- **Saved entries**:

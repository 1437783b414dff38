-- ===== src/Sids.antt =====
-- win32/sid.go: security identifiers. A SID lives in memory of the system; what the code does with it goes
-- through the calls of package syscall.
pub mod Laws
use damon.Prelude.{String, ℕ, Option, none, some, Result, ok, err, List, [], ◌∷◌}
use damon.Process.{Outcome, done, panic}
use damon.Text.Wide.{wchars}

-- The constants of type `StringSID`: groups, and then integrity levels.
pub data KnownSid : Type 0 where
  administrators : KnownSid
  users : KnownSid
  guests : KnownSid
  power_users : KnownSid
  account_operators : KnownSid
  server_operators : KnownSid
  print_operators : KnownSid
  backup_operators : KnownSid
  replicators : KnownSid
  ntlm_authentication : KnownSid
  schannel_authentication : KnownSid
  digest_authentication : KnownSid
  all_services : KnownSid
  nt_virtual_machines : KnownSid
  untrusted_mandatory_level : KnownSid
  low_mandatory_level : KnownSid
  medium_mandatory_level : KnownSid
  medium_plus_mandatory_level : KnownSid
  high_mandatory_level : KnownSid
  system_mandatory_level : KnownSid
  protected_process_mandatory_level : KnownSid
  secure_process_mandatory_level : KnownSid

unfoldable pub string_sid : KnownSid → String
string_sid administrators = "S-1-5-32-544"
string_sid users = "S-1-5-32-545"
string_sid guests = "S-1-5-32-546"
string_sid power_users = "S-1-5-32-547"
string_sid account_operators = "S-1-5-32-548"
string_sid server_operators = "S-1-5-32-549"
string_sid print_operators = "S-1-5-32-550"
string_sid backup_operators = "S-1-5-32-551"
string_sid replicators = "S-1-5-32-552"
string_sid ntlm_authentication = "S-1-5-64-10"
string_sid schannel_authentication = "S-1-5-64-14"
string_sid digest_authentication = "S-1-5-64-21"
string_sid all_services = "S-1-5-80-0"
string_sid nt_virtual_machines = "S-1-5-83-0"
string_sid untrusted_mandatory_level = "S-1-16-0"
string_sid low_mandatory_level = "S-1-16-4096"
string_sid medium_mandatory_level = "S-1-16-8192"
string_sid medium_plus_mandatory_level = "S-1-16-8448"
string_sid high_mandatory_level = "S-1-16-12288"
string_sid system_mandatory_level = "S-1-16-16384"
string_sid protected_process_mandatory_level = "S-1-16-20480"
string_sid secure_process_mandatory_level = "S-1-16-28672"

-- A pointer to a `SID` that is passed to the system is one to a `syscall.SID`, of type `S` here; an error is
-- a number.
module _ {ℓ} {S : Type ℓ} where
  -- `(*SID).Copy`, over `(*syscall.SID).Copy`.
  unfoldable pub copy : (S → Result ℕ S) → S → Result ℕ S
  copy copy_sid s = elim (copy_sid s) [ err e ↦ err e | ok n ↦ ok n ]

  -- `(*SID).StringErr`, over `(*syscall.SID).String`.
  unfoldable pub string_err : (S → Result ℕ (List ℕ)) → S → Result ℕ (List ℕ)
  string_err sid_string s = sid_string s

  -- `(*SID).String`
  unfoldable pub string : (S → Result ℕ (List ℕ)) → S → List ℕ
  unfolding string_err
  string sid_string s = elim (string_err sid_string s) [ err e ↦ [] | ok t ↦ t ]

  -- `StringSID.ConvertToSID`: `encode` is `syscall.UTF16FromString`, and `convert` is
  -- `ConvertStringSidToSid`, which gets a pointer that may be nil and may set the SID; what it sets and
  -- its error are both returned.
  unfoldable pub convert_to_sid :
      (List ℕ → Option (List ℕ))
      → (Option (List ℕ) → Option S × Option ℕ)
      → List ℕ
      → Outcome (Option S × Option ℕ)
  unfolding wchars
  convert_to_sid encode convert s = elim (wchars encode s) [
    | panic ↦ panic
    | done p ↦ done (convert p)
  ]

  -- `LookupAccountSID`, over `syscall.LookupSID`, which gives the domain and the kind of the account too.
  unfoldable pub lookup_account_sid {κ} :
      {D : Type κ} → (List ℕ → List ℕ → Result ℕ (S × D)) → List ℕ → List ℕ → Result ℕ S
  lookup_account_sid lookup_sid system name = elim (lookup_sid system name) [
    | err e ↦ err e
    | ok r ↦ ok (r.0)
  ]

- **EXERCISE DIRECTIONS**:
Which lines hold the word "wchars"? Return all of them from the records above.

- **TASK RESULT**:
use damon.Text.Wide.{wchars}
  unfolding wchars
  convert_to_sid encode convert s = elim (wchars encode s) [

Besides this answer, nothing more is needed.